Meski Boy sudah tidak lagi menjabat struktural penting di PDIP DKI tetapi namanya masih memiliki muatan sosial yang besar. Mengingat, Boy merupakan anak dari Ali Sadikin, gubernur terbaik yang pernah dimiliki ibu kota.
"Muatan sosial Boy tidak main-main. Jadi tergantung ini bagaimana kapitalisasi dari lawan-lawan Ahok," ujarnya.
Qodari meyakini setelah meninggalkan partai banteng, Boy tidak akan langsung menerima tawaran dari partai lain untuk menjadi juru kampanye melawan Ahok di Pilkada DKI.
"Beliau tidak setuju Ahok, beliau mundur. Tapi beliau tetap tidak akan melangkah jauh (pindah partai atau jadi jurkam)," tandas direktur Indobarometer tersebut.
Kabar Boy akan hengkang dari PDIP sudah beredar lama. Dia disebut-sebut sebagai tokoh PDIP DKI yang menegaskan akan mundur jika Megawati mengusung Ahok di pilkada. Boy berpandangan kebijakan dan sikap Ahok saat memimpin ibu kota bertolak belakang dengan ideologi PDIP, sehingga tidak
layak diusung kembali sebagai cagub.
Awal
Maret 2016, Boy menyatakan mundur dari posisi ketua DPD PDIP DKI.

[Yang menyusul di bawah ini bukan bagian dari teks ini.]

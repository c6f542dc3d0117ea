-- ===== src/Controller/Connector.antt =====
-- internal/controller/rolepermissions/rolepermissions.go: the connector, which finds the provider config
-- of a resource and asks for a client; apis/v1alpha1/types.go: the provider configs.
pub mod Connect
use provider_strapi.Prelude.{ℕ, List, [], ◌∷◌, Option, none, some, Bool, true, false, if◌then◌else◌}
use provider_strapi.Text.{Text, codes, is_empty, text_eq}
use provider_strapi.Exec.{
  Context, Error, Result, ok, err, wrap_result, unsupported_kind, Exec, continue, ◌>>=◌, ◌>>◌, pure,
  lift, get,
}
use provider_strapi.Api.{Runtime, RolePermissions, ProviderConfigReference}
use provider_strapi.Client.{Config, Credentials, Json, parse_credentials}
use provider_strapi.Cache.{Cache, Pointer, new_cache}
use provider_strapi.Cache

-- `ProviderCredentials`, over crossplane-runtime's `CommonCredentialSelectors`
pub record ProviderCredentials (Selectors : Type 0) : Type 0 where
  pub source : Text
  pub selectors : Selectors

-- `ProviderConfigSpec`, of a `ProviderConfig` or a `ClusterProviderConfig`
pub record ProviderConfigSpec (Selectors : Type 0) : Type 0 where
  pub endpoint : Text
  pub credentials : ProviderCredentials Selectors
  pub insecure_skip_tls_verify : Bool

-- the cluster `K`, behind the Kubernetes client and crossplane-runtime
pub record Kubernetes (rt : Runtime) (K : Type 0) : Type 1 where
  pub Selectors : Type 0
  -- `ProviderConfigUsageTracker.Track`
  pub track : RolePermissions rt → K → Result (Unit {0}) × K
  -- `client.Get` of a `ProviderConfig`, by namespace and name
  pub get_provider_config : Text → Text → K → Result (ProviderConfigSpec Selectors)
  -- `client.Get` of a `ClusterProviderConfig`, by name
  pub get_cluster_provider_config : Text → K → Result (ProviderConfigSpec Selectors)
  -- `resource.CommonCredentialExtractor`
  pub credential_extractor : ProviderCredentials Selectors → K → Result Text

-- a string that overrides a default if it is set
pub or_default : Text → Text → Text
or_default [] default = default
or_default (c ∷ s) default = c ∷ s

pub override : Option ProviderConfigReference → Text × Text
unfolding or_default
override none = (codes "default", codes "ClusterProviderConfig")
override (some ref) =
    (or_default ref.name (codes "default"), or_default ref.kind (codes "ClusterProviderConfig"))

-- `providerConfigRef(cr)`: name and kind
unfoldable pub provider_config_ref : (rt : Runtime) → RolePermissions rt → Text × Text
unfolding override
provider_config_ref rt cr = override (rt.get_provider_config_reference cr.object)

-- the cluster, and the clients `C` that `newClientFn` keeps
pub record Connecting (K C : Type 0) : Type 0 where
  pub cluster : K
  pub clients : C

-- `connector`: the client is a `P`, as the cache's pointer is
pub record Connector (rt : Runtime) (K C P : Type 0) : Type 1 where
  pub kube : Kubernetes rt K
  pub new_client_fn : Config → C → Result P × C

module _ (rt : Runtime) (json : Json) {K C P : Type 0} (c : Connector rt K C P) where
  -- the `switch` on the kind
  pub find_config : Text → Text → Text → K → Result (ProviderConfigSpec c.kube.Selectors)
  find_config kind name namespace k =
      if text_eq kind (codes "ProviderConfig")
      then wrap_result Context.get_pc (c.kube.get_provider_config namespace name k)
      else if text_eq kind (codes "ClusterProviderConfig")
      then wrap_result Context.get_cpc (c.kube.get_cluster_provider_config name k)
      else err (unsupported_kind kind)

  pub track_usage : RolePermissions rt → Exec (Connecting K C) (Unit {0})
  track_usage cr s =
      let (r, k) = c.kube.track cr s.cluster in
      (wrap_result Context.track_usage r, record s { cluster = k })

  pub new_client : Config → Exec (Connecting K C) P
  new_client cfg s =
      let (r, clients) = c.new_client_fn cfg s.clients in
      (wrap_result Context.new_client r, record s { clients = clients })

  -- `Connect`
  unfoldable pub connect : RolePermissions rt → Exec (Connecting K C) P
  unfolding find_config track_usage new_client
  connect cr = do
    track_usage cr
    s ← get
    let (name, kind) = provider_config_ref rt cr
    spec ← lift (find_config kind name (rt.get_namespace cr.object) s.cluster)
    bytes ←
        lift
          (wrap_result Context.get_creds (c.kube.credential_extractor spec.credentials s.cluster))
    creds ← lift (wrap_result Context.parse_creds (parse_credentials json bytes))
    new_client (record {
      endpoint = spec.endpoint;
      credentials = creds;
      insecure_skip_tls_verify = spec.insecure_skip_tls_verify;
    })

-- the connector of `Setup`: `newClientFn` is `Get` of the one cache
unfoldable pub setup_connector :
    (rt : Runtime) {K : Type 0} → (Text → List ℕ) → Kubernetes rt K → Connector rt K Cache Pointer
setup_connector rt sha256 kube = record { kube = kube; new_client_fn = Cache.get sha256 }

Ketika itu, pengunduran dirinya terkait dengan sikap Fraksi PDIP di
DPRD DKI. Di mana, Boy menganjurkan untuk menolak Raperda tentang Rencana
Zonasi dan Tata Ruang Wilayah Pesisir, Pantai Utara dan Pulau-pulau
Kecil, namun kader PDIP di Kebon Sirih malah setuju dan mendukung
reklamasi. Anjuran Boy agar Fraksi PDIP mendorong dan mengajukan Hak
Menyatakan Pendapat (HMP) terhadap Ahok juga tidak dihiraukan.
Selain
sebagai ketua DPD PDIP DKI, Boy pernah bertugas sebagai ketua Tim
Sukses Jokowi-Ahok di Pilkada DKI 2012 dan sukses menghantarkan PDIP sebagai
pemenang pileg dan pilpres saat 2014 di Jakarta.